The discussion concluded with a shared vision to develop a College of Engineering-specific AI model through collaboration between RAIL, DIPPER Lab and the other research centres.
The proposed model would embody the college’s values, promote ethical use of AI, and address local educational needs.

The day also featured a highly interactive hands-on session where participants explored a range of AI tools that can enhance teaching, training, and assessment in engineering education. Dr Theresa-Samuelle Ajaidoo and Dr James Okae, both from the Department of Computer Engineering, demonstrated how generative AI tools such as ChatGPT, Copilot, and Gemini can be used to create lesson plans, quizzes, lecture notes, and case studies. Participants worked on developing a ten-week undergraduate course outline using AI prompts, after which they reviewed and refined the AI-generated outputs for relevance and accuracy.

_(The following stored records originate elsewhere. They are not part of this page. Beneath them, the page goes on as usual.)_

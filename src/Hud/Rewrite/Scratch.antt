-- ===== src/Hud/Rewrite/Scratch.antt =====
-- `rewrite`: what it changes and what it returns.
use hybrid_heaven_recomp.Prelude.{
  ℕ, ◌+◌, ◌≤◌, ◌<◌, ◌≡◌, ◌⊎◌, inl, inr, refl, ◌==◌, bit_or, Bool, not, ◌||◌, List, arith,
  Bool-cases,
}
use hybrid_heaven_recomp.Hud.Memory.{Rdram}
use hybrid_heaven_recomp.Hud.Gbi.{Gbi, Class}
use hybrid_heaven_recomp.Hud.Writer.{Writer, new_writer}
use hybrid_heaven_recomp.Hud.Writer.Grows.{Fits}
use hybrid_heaven_recomp.Hud.Copy.{copy_list}
use hybrid_heaven_recomp.Hud.Copy.Grows.{Ends}
use hybrid_heaven_recomp.Hud.Copy.Confined.{copy_list-Copier}
use hybrid_heaven_recomp.Hud.Rewrite.{scratch, scratch_size, Rewriter, submit, rewrite}

-- A fresh copy: its bytes, and what it returns.
fresh :
    (gbi : Gbi) (class_of : List ℕ → Class) (rdram : Rdram) (turn : Bool) (address : ℕ)
    → let w = new_writer rdram (scratch turn) scratch_size in
      Ends 0 w (copy_list gbi class_of 10 w address) × Fits w
unfolding new_writer
fresh gbi class_of rdram turn address =
    let w = new_writer rdram (scratch turn) scratch_size in
    let f : Fits w = record { room = omega arith; small = omega arith } in
    (copy_list-Copier gbi class_of 10 w address f, f)

submitted :
    (rdram : Rdram) (turn : Bool) (off any_classes : Bool) (gbi : Gbi) (class_of : List ℕ → Class)
    (r : Writer × ℕ)
    → Fits (new_writer rdram (scratch turn) scratch_size)
    → Ends 0 (new_writer rdram (scratch turn) scratch_size) r
    → let (s', copy) = submit gbi class_of off any_classes r turn in
      ((copy ≡ 0) ⊎ (copy ≡ bit_or 0x8000_0000 (scratch turn)))
      × ((a : ℕ) → (a < scratch turn) ⊎ (scratch turn + scratch_size ≤ a) → s'.rdram a ≡ rdram a)
unfolding submit new_writer
submitted rdram turn off any_classes gbi class_of (w, copy) f (g, result) = (
  elim (Bool-cases (w.overflow || copy == 0)) [
    | inl e ↦ rw e (inl refl)
    | inr e ↦ rw e (elim result [ inl x ↦ inl x.1 | inr x ↦ inr (ground (arith, x)) ])
  ],
  λ a o.
      let x = g f in
      x.outside a (elim o [ inl h ↦ inl (omega arith) | inr h ↦ inr (omega (arith, x.high)) ]),
)

-- For any RDRAM, any display list, any classes and any words of RT64's commands: the copy that is
-- returned is at the start of the scratch buffer whose turn it is, or 0 is returned and the game's own
-- list is submitted; outside that buffer no word of RDRAM changes, also where the copy did not fit.
pub rewrite_lem :
    (gbi : Gbi) (class_of : List ℕ → Class) (off any_classes : Bool) (s : Rewriter) (address : ℕ)
    → let (s', copy) = rewrite gbi class_of off any_classes s address in
      ((copy ≡ 0) ⊎ (copy ≡ bit_or 0x8000_0000 (scratch s'.turn)))
      × ((a : ℕ)
          → (a < scratch s'.turn) ⊎ (scratch s'.turn + scratch_size ≤ a)
          → s'.rdram a ≡ s.rdram a)
unfolding rewrite submit
rewrite_lem gbi class_of off any_classes s address = elim (Bool-cases (off || not any_classes)) [
  | inl e ↦ rw e (inl refl, λ a o. refl)
  | inr e ↦
      let w = new_writer s.rdram (scratch (not s.turn)) scratch_size in
      let (ends, fits) = fresh gbi class_of s.rdram (not s.turn) address in
      rw e (
        submitted s.rdram (not s.turn) off any_classes gbi class_of
          (copy_list gbi class_of 10 w address) fits ends)
]
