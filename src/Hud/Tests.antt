-- ===== src/Hud/Tests.antt =====
-- Names and copies at concrete inputs.
use hybrid_heaven_recomp.Prelude.{
  ℕ, ◌+◌, ◌≡◌, ◌≢◌, ◌<◌, ◌≤◌, ◌⊎◌, refl, bit_or, pos, true, false, List, [], ◌∷◌, arith, ◌==◌,
  if◌then◌else◌,
}
use hybrid_heaven_recomp.Hud.Memory.{Rdram, read_word, write_commands}
use hybrid_heaven_recomp.Hud.Identity.{
  fnv, fnv_basis, fill, hex, hex_digit, decimal, decimal_from, at_most, at_least, texture, list,
  texture_hash, list_hash,
}
use hybrid_heaven_recomp.Hud.Identity.Distinct.{identities-distinct}
use hybrid_heaven_recomp.Hud.Gbi.{Gbi, Class, left, is_auto}
use hybrid_heaven_recomp.Hud.Writer.{
  new_writer, physical, reserve, emit, emit_pair, reissue, enable, widened, widen_scissor,
  restore_scissor, rect_align, rect_begin, rect_end, group_end,
}
use hybrid_heaven_recomp.Hud.Copy.{
  op_of, count, remember, to_320, fill_identity, copy_fill_rect, copy_command, round, copy_from,
  copy_body, copy_list,
}
use hybrid_heaven_recomp.Hud.Rewrite.{Rewriter, scratch, scratch_size, submit, rewrite}
use hybrid_heaven_recomp.Hud.Rewrite.Scratch.{rewrite_lem}

abbrev empty_rdram : Rdram
empty_rdram phys = 0

-- The hash that FNV-1a gives for the bytes of "abcd".
fnv_abcd : fnv fnv_basis 0x6463_6261 ≡ 0xCE34_79BD
unfolding fnv
fnv_abcd = refl

fill_name :
    fill 0xFFFC_FFFC (pos 16) (pos 8) (pos 303) (pos 31)
    ≡ b'f' ∷ b'i' ∷ b'l' ∷ b'l' ∷ b':' ∷ b'0' ∷ b'x' ∷ b'f' ∷ b'f' ∷ b'f' ∷ b'c' ∷ b'f' ∷ b'f'
      ∷ b'f' ∷ b'c' ∷ b'@' ∷ b'1' ∷ b'6' ∷ b',' ∷ b'8' ∷ b',' ∷ b'3' ∷ b'0' ∷ b'3' ∷ b',' ∷ b'3'
      ∷ b'1' ∷ []
unfolding fill hex hex_digit decimal decimal_from at_most at_least
fill_name = refl

abbrev one_address : ℕ
one_address = 0x8010_0000

abbrev other_address : ℕ
other_address = 0x8020_0000

identities-distinct_example :
    let named = fill 0xFF (pos 16) (pos 8) (pos 303) (pos 31) in
    (texture empty_rdram one_address 0x10_0000 ≡ texture empty_rdram other_address 0x20_0000
      → (one_address ≡ other_address)
        × (texture_hash empty_rdram 16 fnv_basis 0x10_0000
            ≡ texture_hash empty_rdram 16 fnv_basis 0x20_0000))
    × (list empty_rdram one_address 0x10_0000 ≡ list empty_rdram other_address 0x20_0000
        → (one_address ≡ other_address)
          × (list_hash empty_rdram 16 fnv_basis 0x10_0000
              ≡ list_hash empty_rdram 16 fnv_basis 0x20_0000))
    × (named ≡ fill 0xFE (pos 16) (pos 8) (pos 303) (pos 31)
        → (named ≡ []) ⊎ (◌≡◌ {A = ℕ} 0xFF 0xFE))
    × (texture empty_rdram one_address 0x10_0000 ≢ list empty_rdram other_address 0x20_0000)
    × (named ≢ texture empty_rdram other_address 0x20_0000)
    × (named ≢ list empty_rdram other_address 0x20_0000)
identities-distinct_example =
    identities-distinct empty_rdram empty_rdram one_address other_address 0x10_0000 0x20_0000 0xFF
      0xFE (pos 16) (pos 8) (pos 303) (pos 31) (pos 16) (pos 8) (pos 303) (pos 31) (omega arith)
      (omega arith) (omega arith) (omega arith)

-- Commands that tell themselves apart by their first word.
abbrev sample_gbi : Gbi
sample_gbi = record {
  enable = (0x6400_0000, 1);
  set_scissor = λ mode l r ulx uly lrx lry. ((0x6400_0001, l), (0, r));
  set_rect_align = λ l r ulx uly lrx lry. ((0x6400_0002, l), (0, r));
  set_rect_aspect = λ aspect. (0x6400_0003, aspect);
  matrix_group = λ aspect. ((0x6400_0004, aspect), (0, 0));
  set_viewport_align = λ origin x y. ((0x6400_0005, origin), (0, 0));
  origin_left = 0;
  origin_right = 0x400;
  origin_none = 0x800;
  aspect_stretch = 1;
  aspect_auto = 0;
}

-- A scissor, a fill rectangle from (16, 8) to (303, 31), and the end.
abbrev sample_rdram : Rdram
sample_rdram phys =
    if phys == 0x1000
    then 0xED00_0000
    else if phys == 0x1004
    then 0x0050_03C0
    else if phys == 0x1008
    then 0xF64B_C07C
    else if phys == 0x100C
    then 0x0004_0020
    else if phys == 0x1010
    then 0xDF00_0000
    else 0

abbrev sample_class : List ℕ → Class
sample_class id = left

abbrev sample_copy : Rewriter × ℕ
sample_copy =
    rewrite sample_gbi sample_class false true (record { turn = true; rdram = sample_rdram })
      0x8000_1000

rewrite_example :
    ((sample_copy.1 ≡ 0) ⊎ (sample_copy.1 ≡ bit_or 0x8000_0000 (scratch sample_copy.0.turn)))
    × ((a : ℕ)
        → (a < scratch sample_copy.0.turn) ⊎ (scratch sample_copy.0.turn + scratch_size ≤ a)
        → sample_copy.0.rdram a ≡ sample_rdram a)
rewrite_example =
    rewrite_lem sample_gbi sample_class false true (record { turn = true; rdram = sample_rdram })
      0x8000_1000

-- The first words of the copy's commands.
abbrev first_words : Rdram → ℕ → List ℕ
first_words rdram at =
    rdram at
    ∷ rdram (at + 8)
    ∷ rdram (at + 16)
    ∷ rdram (at + 32)
    ∷ rdram (at + 48)
    ∷ rdram (at + 56)
    ∷ rdram (at + 72)
    ∷ rdram (at + 80)
    ∷ []

sample_copy_words :
    first_words sample_copy.0.rdram 0x007A_0000
    ≡ 0x6400_0000 ∷ 0xED00_0000 ∷ 0x6400_0001 ∷ 0x6400_0002 ∷ 0xF64B_C07C ∷ 0x6400_0002
      ∷ 0xED00_0000 ∷ 0xDF00_0000 ∷ []
unfolding rewrite submit copy_list copy_body copy_from round op_of read_word write_commands
    copy_command remember count copy_fill_rect fill_identity to_320 fill hex hex_digit decimal
    decimal_from at_most at_least new_writer physical reserve emit emit_pair reissue enable widened
    widen_scissor restore_scissor rect_align rect_begin rect_end group_end is_auto
sample_copy_words = refl
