-- ===== src/Signal/Handler.antt =====
-- The choice of a signal's action.
use hobbyos.Base.{
  ℕ, ◌<◌, ◌≡◌, refl, ap, ◌∙◌, true, false, ◌||◌, not, ltb, ◌==◌, if◌then◌else◌, length, get_or, set,
  get_or-set, get_or-modify_self, arith, Bool-cases, inl, inr, ◌&&◌,
}
use hobbyos.Process.{Process, Kernel, proc, set_proc, zero_process}
use hobbyos.Signal.{
  InterruptFrame, Action, action_of, sys_sigaction, sig_ign, sig_dfl, sigchld, is_deadly,
}

-- The actions follow from the handlers alone.
same_handler :
    (p q : Process) (n : ℕ)
    → get_or p.sig_handlers n 0 ≡ get_or q.sig_handlers n 0
    → action_of p n ≡ action_of q n
unfolding action_of
same_handler p q n e =
    let choose : ℕ → Action = λ handler.
      (if handler == sig_ign
        then Action.ignore
        else if handler == sig_dfl
        then if n == sigchld
          then Action.ignore
          else if is_deadly n
          then Action.terminate
          else Action.terminate_unknown
        else Action.call handler) in
    ap choose e

calls_handler :
    (p : Process) (n handler : ℕ)
    → get_or p.sig_handlers n 0 ≡ handler
    → 1 < handler
    → action_of p n ≡ Action.call handler
unfolding action_of
calls_handler p n handler e address =
    let not_ign : (handler == 1) ≡ false = ground (arith, address) in
    let not_dfl : (handler == 0) ≡ false = ground (arith, address) in
    rw e (rw (not_ign, not_dfl) refl)

-- SYS_SIGACTION of any signal and handler leaves what SIGKILL does; and for a signal that it accepts
-- and a handler that is an address, not SIG_DFL or SIG_IGN, the signal calls the handler afterwards.
pub sigaction_lem :
    (i sig handler : ℕ) (f : InterruptFrame) (k : Kernel)
    → i < length k.table
    → length (proc k i).sig_handlers ≡ 32
    → 1 < handler
    → (let (f', k') = sys_sigaction i sig handler f k in
        (action_of (proc k' i) 9 ≡ action_of (proc k i) 9)
        × (action_of (proc k' i) sig ≡ (
            if ltb 0 sig && ltb sig 32 && not (sig == 9)
            then Action.call handler
            else action_of (proc k i) sig)))
unfolding sys_sigaction
sigaction_lem i sig handler f k inside size address =
    let p = proc k i in
    let change : Process → Process =
      λ q. record q { sig_handlers = set q.sig_handlers sig handler } in
    let now : proc (set_proc i change k) i ≡ change p =
      get_or-modify_self k.table i change zero_process inside in
    elim (Bool-cases (ltb sig 1 || not (ltb sig 32) || (sig == 9))) [
      | inl refused ↦
          (let bad : (ltb 0 sig && ltb sig 32 && not (sig == 9)) ≡ false =
              ground (arith, refused) in
            rw (refused, bad) (refl, refl))
      | inr accepted ↦
          (let good : (ltb 0 sig && ltb sig 32 && not (sig == 9)) ≡ true =
              ground (arith, accepted) in
            let at = get_or-set p.sig_handlers sig in
            let valid : sig < length p.sig_handlers = ground (arith, accepted, size) in
            rw (accepted, good)
              (
                same_handler _ p 9 (
                    ap (λ (q : Process). get_or q.sig_handlers 9 0) now
                    ∙ ground (arith, at 9 handler 0 valid, accepted)),
                calls_handler _ sig handler
                    (ap (λ (q : Process). get_or q.sig_handlers sig 0) now
                      ∙ ground (arith, at sig handler 0 valid))
                    address,
              ))
    ]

They also experimented with virtual laboratory platforms such as Labster and MATLAB Grader, which allow students to conduct simulated engineering experiments in safe, interactive online environments. The use of automated grading systems like Gradescope and Turnitin AI was demonstrated as a way to streamline assessment processes while maintaining academic integrity. In addition, participants explored professional learning platforms such as LinkedIn Learning and Udemy, which provide opportunities for continuous AI literacy and skills development.
Throughout the session, participants tested tools like Gamma AI for designing presentation slides and Notebook LM for generating and evaluating exam questions. Discussions touched on the limitations of AI-generated content, the risks of inaccuracies and “hallucinated” data, and the costs associated with implementation. Despite these challenges, the mood in the room was optimistic. Participants agreed that AI, when used responsibly, can make teaching more efficient, interactive, and student-centred.
By the end of the session, participants had not only deepened their understanding of responsible AI but had also gained hands-on experience in applying it to teaching and research.